WHAT THE TASK REQUIRES:
Search the records for the string "failed", then copy each line that has it.

ENTRIES SUPPLIED:
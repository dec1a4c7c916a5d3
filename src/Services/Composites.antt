-- ===== src/Services/Composites.antt =====
-- internal/app/fallback.go and internal/app/fanout.go: a state that falls back on an archive, and a
-- publisher to several targets. The parts are components of their own: a read is its result, and a
-- target is a function on a world.
pub mod Fallback
pub mod Delivery
use mcp_ironclaw.Prelude.{Bool, true, false, Option, none, some, List, [], ◌∷◌, if◌then◌else◌}
use mcp_ironclaw.Go.Text.{Text}
use mcp_ironclaw.Domain.Errors.{Error, Result, ok, err, is_device_not_found}
use mcp_ironclaw.Domain.Key.{DeviceState}
use mcp_ironclaw.Store.Memory.{DeviceListing}
use mcp_ironclaw.Services.Emission.{WindowPublisher, first_failure}

-- The answer of the archive, marked as stale, when the primary has failed with `e`.
abbrev pub archived_state : Error → Result DeviceState → Result DeviceState
archived_state e (err _) = err e
archived_state e (ok s) = ok (record s { stale = true })

-- fallbackState.DeviceState, from the answers of the primary and of the archive
unfoldable pub fallback_device_state : Result DeviceState → Result DeviceState → Result DeviceState
fallback_device_state (ok s) archive = ok s
fallback_device_state (err e) archive =
    if is_device_not_found e then err e else archived_state e archive

abbrev pub archived_listing : Error → Result DeviceListing → Result DeviceListing
archived_listing e (err _) = err e
archived_listing e (ok l) = ok (record l { stale = true })

-- fallbackState.UserDevices
unfoldable pub fallback_user_devices :
    Result DeviceListing → Result DeviceListing → Result DeviceListing
fallback_user_devices (ok l) archive = ok l
fallback_user_devices (err e) archive = archived_listing e archive

module _ {W : Type 0} where
  -- The loop of `PublishWindow`, with the first error so far.
  unfoldable pub fan_out_from : List (WindowPublisher W) → Option Error → WindowPublisher W
  fan_out_from [] first w x = (x, first)
  fan_out_from (t ∷ ts) first w x =
      let (x', result) = t w x in fan_out_from ts (first_failure first result) w x'

  -- fanOutWindows.PublishWindow
  unfoldable pub fan_out : List (WindowPublisher W) → WindowPublisher W
  fan_out targets = fan_out_from targets none
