-- ===== src/Services/Composites/Delivery.antt =====
-- What internal/app/fanout.go does with a window.
use mcp_ironclaw.Prelude.{◌≡◌, refl, ◌↔◌, Option, none, List, [], ◌∷◌, arith}
use mcp_ironclaw.Domain.Errors.{Error}
use mcp_ironclaw.Domain.Key.{AggregateWindow}
use mcp_ironclaw.Services.Emission.{WindowPublisher, first_failure}
use mcp_ironclaw.Services.Composites.{fan_out, fan_out_from}

module _ {W : Type 0} (w : AggregateWindow) where
  -- The world after every target has been given the window, in order, and whether each took it.
  abbrev pub after_all : List (WindowPublisher W) → W → W
  after_all [] x = x
  after_all (t ∷ ts) x = after_all ts (t w x).0

  abbrev pub AllTook : List (WindowPublisher W) → W → Type 0
  AllTook [] x = Unit
  AllTook (t ∷ ts) x = ((t w x).1 ≡ none) × AllTook ts (t w x).0

  fan_out_from_world :
      (ts : List (WindowPublisher W)) (first : Option Error) (x : W)
      → (fan_out_from ts first w x).0 ≡ after_all ts x
  unfolding fan_out_from
  fan_out_from_world [] first x = refl
  fan_out_from_world (t ∷ ts) first x =
      fan_out_from_world ts (first_failure first (t w x).1) (t w x).0

  fan_out_from-none :
      (ts : List (WindowPublisher W)) (first : Option Error) (x : W)
      → ((fan_out_from ts first w x).1 ≡ none) ↔ ((first ≡ none) × AllTook ts x)
  unfolding fan_out_from
  fan_out_from-none [] first x = ground arith
  fan_out_from-none (t ∷ ts) first x =
      ground (arith, fan_out_from-none ts (first_failure first (t w x).1) (t w x).0)

  -- Every target is given the window once, in order, whether or not an earlier one failed; the
  -- publication succeeds exactly when all targets took it.
  pub fan_out_lem :
      (ts : List (WindowPublisher W)) (x : W)
      → ((fan_out ts w x).0 ≡ after_all ts x) × (((fan_out ts w x).1 ≡ none) ↔ AllTook ts x)
  unfolding fan_out
  fan_out_lem ts x = (fan_out_from_world ts none x, ground (arith, fan_out_from-none ts none x))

ANSWER TO THE PROBLEM:
-- The answer of the archive, marked as stale, when the primary has failed with `e`.
  -- Every target is given the window once, in order, whether or not an earlier one failed; the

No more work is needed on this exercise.